Stored data
-- ===== src/Filtering/Trie.antt =====
-- internal/filtering/trie.go: domains by their labels, the last label at the root. A node's map of
-- children is a list of labels with the parts of their nodes; text is ASCII.
pub mod Marks
pub mod Shape
pub mod Added
pub mod Removed
pub mod Merged
pub mod Counted
pub mod Covered
pub mod Domains
pub mod Sized
use hydra_dns.Base.{
  ℕ, zero, suc, ◌+◌, ◌-◌, [], ◌∷◌, List, Bool, true, false, not, ◌&&◌, ◌||◌, ◌==◌, if◌then◌else◌,
  Option, none, some, Bytes, bytes_eq,
}
use mathlib.Core.List.{reverse}
use hydra_dns.Base.Text.{trim_space, split}
use hydra_dns.Dns.Name.{to_lower, trim_suffix_dot}

-- Each entry is a label and the node under it: its children, isEnd and isWild.
pub data Children : Type 0 where
  nil : Children
  child : Bytes → Children → Bool → Bool → Children → Children

pub record TrieNode : Type 0 where
  pub children : Children
  pub is_end : Bool
  pub is_wild : Bool

pub record DomainTrie : Type 0 where
  pub root : TrieNode
  pub size : ℕ

abbrev pub new_trie_node : TrieNode
new_trie_node = record { children = nil; is_end = false; is_wild = false }

abbrev pub new_domain_trie : DomainTrie
new_domain_trie = record { root = new_trie_node; size = 0 }

-- `children[label]`
unfoldable pub get_child : Bytes → Children → Option TrieNode
get_child l nil = none
get_child l (child k cs e w rest) =
    let later = get_child l rest in
    if bytes_eq k l then some (record { children = cs; is_end = e; is_wild = w }) else later

-- `children[label] = node`
unfoldable pub put_child : Bytes → TrieNode → Children → Children
put_child l n nil = child l n.children n.is_end n.is_wild nil
put_child l n (child k cs e w rest) =
    let later = child k cs e w (put_child l n rest) in
    if bytes_eq k l then child k n.children n.is_end n.is_wild rest else later

-- `delete(children, label)`
unfoldable pub delete_child : Bytes → Children → Children
delete_child l nil = nil
delete_child l (child k cs e w rest) =
    let later = child k cs e w (delete_child l rest) in if bytes_eq k l then rest else later

-- The child, or the new node that Add and Merge put in its place.
unfoldable pub child_or_new : Bytes → Children → TrieNode
unfolding get_child
child_or_new l cs = elim (get_child l cs) [ some n ↦ n | none ↦ new_trie_node ]

unfoldable pub normalize_domain : Bytes → Bytes
normalize_domain domain = trim_suffix_dot (to_lower (trim_space domain))

unfoldable pub reversed_labels : Bytes → List Bytes
reversed_labels domain = reverse (split b'.' domain)

-- The loop of Add below a node. With it comes whether the last node had no end mark before.
unfoldable pub add_labels : List Bytes → Bool → TrieNode → TrieNode × Bool
add_labels [] wildcard n =
    (record n { is_end = true; is_wild = n.is_wild || wildcard }, not n.is_end)
add_labels (l ∷ ls) wildcard n =
    let (below, fresh) = add_labels ls wildcard (child_or_new l n.children) in
    (record n { children = put_child l below n.children }, fresh)

unfoldable pub add : Bytes → Bool → DomainTrie → DomainTrie
add domain wildcard t = elim (normalize_domain domain) [
  | [] ↦ t
  | c ∷ cs ↦
      let (root, fresh) = add_labels (reversed_labels (c ∷ cs)) wildcard t.root in
      record { root = root; size = if fresh then suc t.size else t.size }
]

-- The loop of Contains below a node.
unfoldable pub contains_labels : List Bytes → TrieNode → Bool
contains_labels [] n = n.is_end
contains_labels (l ∷ ls) n = elim (get_child l n.children) [
  | none ↦ false
  | some below ↦
      let rest = contains_labels ls below in
      if below.is_wild && (elim ls [ [] ↦ false | x ∷ xs ↦ true ]) then true else rest
]

unfoldable pub contains : Bytes → DomainTrie → Bool
contains domain t = elim (normalize_domain domain) [
  | [] ↦ false
  | c ∷ cs ↦ contains_labels (reversed_labels (c ∷ cs)) t.root
]

unfoldable pub is_orphan : TrieNode → Bool
is_orphan n =
    (elim n.children [ nil ↦ true | child k cs e w rest ↦ false ])
    && (not n.is_end && not n.is_wild)

-- Remove below a node: `none` where it answers false. With the node comes whether the cleanup,
-- which runs from the last label back, has not met its `break`.
unfoldable pub remove_labels : List Bytes → TrieNode → Option (TrieNode × Bool)
remove_labels [] n =
    if n.is_end then some (record n { is_end = false; is_wild = false }, true) else none
remove_labels (l ∷ ls) n = elim (get_child l n.children) [
  | none ↦ none
  | some below ↦ elim (remove_labels ls below) [
    | none ↦ none
    | some (below', going) ↦
        if going && is_orphan below'
        then some (record n { children = delete_child l n.children }, true)
        else some (record n { children = put_child l below' n.children }, false)
  ]
]

unfoldable pub remove : Bytes → DomainTrie → Bool × DomainTrie
remove domain t = elim (normalize_domain domain) [
  | [] ↦ (false, t)
  | c ∷ cs ↦ elim (remove_labels (reversed_labels (c ∷ cs)) t.root) [
    | none ↦ (false, t)
    | some (root, going) ↦ (true, record { root = root; size = t.size - 1 })
  ]
]

unfoldable pub clear : DomainTrie → DomainTrie
clear t = new_domain_trie

-- mergeNode: the children of the other trie, and how many end marks are new.
unfoldable pub merge_children : Children → Children → Children × ℕ
merge_children nil dst = (dst, 0)
merge_children (child l cs e w rest) dst =
    let old = child_or_new l dst in
    let (below, inner) = merge_children cs old.children in
    let merged : TrieNode = record {
      children = below;
      is_end = old.is_end || e;
      is_wild = old.is_wild || w;
    } in
    let (dst', others) = merge_children rest (put_child l merged dst) in
    (dst', (if e && not old.is_end then 1 else 0) + inner + others)

unfoldable pub merge : DomainTrie → DomainTrie → DomainTrie
merge t other =
    let (children, fresh) = merge_children other.root.children t.root.children in
    record { root = record t.root { children = children }; size = t.size + fresh }
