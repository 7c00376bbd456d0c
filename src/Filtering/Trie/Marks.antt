-- ===== src/Filtering/Trie/Marks.antt =====
-- The trie as a table of marks: for each path of labels, whether it ends a domain and whether it is
-- a wildcard.
use hydra_dns.Base.{
  ◌≡◌, inl, inr, refl, sym, arith, [], ◌∷◌, List, Bool, true, false, ◌&&◌, if◌then◌else◌, Option,
  none, some, Bytes, bytes_eq, bytes_eq_iff, Bool-cases, Option-cases,
}
use hydra_dns.Filtering.Trie.{
  Children, nil, child, TrieNode, new_trie_node, get_child, put_child, delete_child, child_or_new,
}

-- (isEnd, isWild)
abbrev pub Marks : Type 0
Marks = Bool × Bool

abbrev pub no_marks : Marks
no_marks = (false, false)

unfoldable pub marks_at : List Bytes → TrieNode → Marks
unfolding get_child
marks_at [] n = (n.is_end, n.is_wild)
marks_at (l ∷ ls) n = elim (get_child l n.children) [
  | none ↦ no_marks
  | some below ↦ marks_at ls below
]

unfoldable pub paths_eq : List Bytes → List Bytes → Bool
paths_eq [] [] = true
paths_eq (x ∷ xs) (y ∷ ys) = bytes_eq x y && paths_eq xs ys
paths_eq _ _ = false

-- No label twice, at any node.
abbrev pub IsTree : Children → Type 0
IsTree nil = Unit {0}
IsTree (child l cs e w rest) = IsTree cs × (get_child l rest ≡ none) × IsTree rest

pub bytes_eq_refl : (x : Bytes) → bytes_eq x x ≡ true
bytes_eq_refl x = (bytes_eq_iff x x).1 refl

-- The map's laws.
pub get_child-put_child :
    (p l : Bytes) (n : TrieNode) (cs : Children)
    → get_child p (put_child l n cs) ≡ (if bytes_eq l p then some n else get_child p cs)
unfolding get_child put_child
get_child-put_child p l n nil = refl
get_child-put_child p l n (child k cs e w rest) = elim (Bool-cases (bytes_eq k l)) [
  | inl s ↦ rw (s, (bytes_eq_iff k l).0 s) (ground arith)
  | inr s ↦ elim (Bool-cases (bytes_eq k p)) [
    | inl t ↦
        let other : bytes_eq l p ≡ false =
          ground (arith, s, t, bytes_eq_iff k p, bytes_eq_iff l p, bytes_eq_iff k l) in
        rw (s, t, other) refl
    | inr t ↦ rw (s, t) (get_child-put_child p l n rest)
  ]
]

pub get_child-delete_child :
    (p l : Bytes) (cs : Children)
    → IsTree cs
    → get_child p (delete_child l cs) ≡ (if bytes_eq l p then none else get_child p cs)
unfolding get_child delete_child
get_child-delete_child p l nil h = ground arith
get_child-delete_child p l (child k cs e w rest) (_, once, h) = elim (Bool-cases (bytes_eq k l)) [
  | inl s ↦ elim (Bool-cases (bytes_eq l p)) [
    | inl t ↦ rw (s, t, ← (bytes_eq_iff l p).0 t, ← (bytes_eq_iff k l).0 s) once
    | inr t ↦ rw (s, t, (bytes_eq_iff k l).0 s, t) refl
  ]
  | inr s ↦ elim (Bool-cases (bytes_eq k p)) [
    | inl t ↦
        let other : bytes_eq l p ≡ false =
          ground (arith, s, t, bytes_eq_iff k p, bytes_eq_iff l p, bytes_eq_iff k l) in
        rw (s, t, other) refl
    | inr t ↦ rw (s, t) (get_child-delete_child p l rest h)
  ]
]

pub marks_at_new : (p : List Bytes) → marks_at p new_trie_node ≡ no_marks
unfolding marks_at
marks_at_new [] = refl
marks_at_new (l ∷ ls) = refl

-- Marks below a child, with no child as with a new one.
unfoldable pub below_marks : List Bytes → Option TrieNode → Marks
below_marks ls none = no_marks
below_marks ls (some b) = marks_at ls b

pub marks_at-cons :
    (l : Bytes) (ls : List Bytes) (n : TrieNode)
    → marks_at (l ∷ ls) n ≡ below_marks ls (get_child l n.children)
unfolding marks_at below_marks
marks_at-cons l ls n = elim (Option-cases (get_child l n.children)) [
  | inl e ↦ rw (marks_at, e) refl
  | inr (b, e) ↦ rw (marks_at, e) refl
]

pub marks_at-child_or_new :
    (ls : List Bytes) (l : Bytes) (n : TrieNode)
    → marks_at ls (child_or_new l n.children) ≡ marks_at (l ∷ ls) n
unfolding child_or_new below_marks
marks_at-child_or_new ls l n =
    rw (marks_at-cons l ls n) (elim (Option-cases (get_child l n.children)) [
      | inl e ↦ rw (child_or_new, e) (marks_at_new ls)
      | inr (b, e) ↦ rw (child_or_new, e) refl
    ])

-- Where a child is replaced, the paths through it lead into the new node.
pub marks_at_put :
    (l p : Bytes) (ps : List Bytes) (b n : TrieNode)
    → marks_at (p ∷ ps) (record n { children = put_child l b n.children })
      ≡ (if bytes_eq l p then marks_at ps b else marks_at (p ∷ ps) n)
unfolding below_marks
marks_at_put l p ps b n =
    rw (marks_at-cons, get_child-put_child p l b n.children)
      (elim (Bool-cases (bytes_eq l p)) [
        | inl s ↦ rw s refl
        | inr s ↦ rw s (sym (marks_at-cons p ps n))
      ])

▶ [ACTIVITY]
Which lines above contain the word "abbrev"? Copy all of them.

▶ [EXPECTED ANSWER]
abbrev pub new_trie_node : TrieNode
abbrev pub new_domain_trie : DomainTrie
abbrev pub Marks : Type 0
abbrev pub no_marks : Marks
abbrev pub IsTree : Children → Type 0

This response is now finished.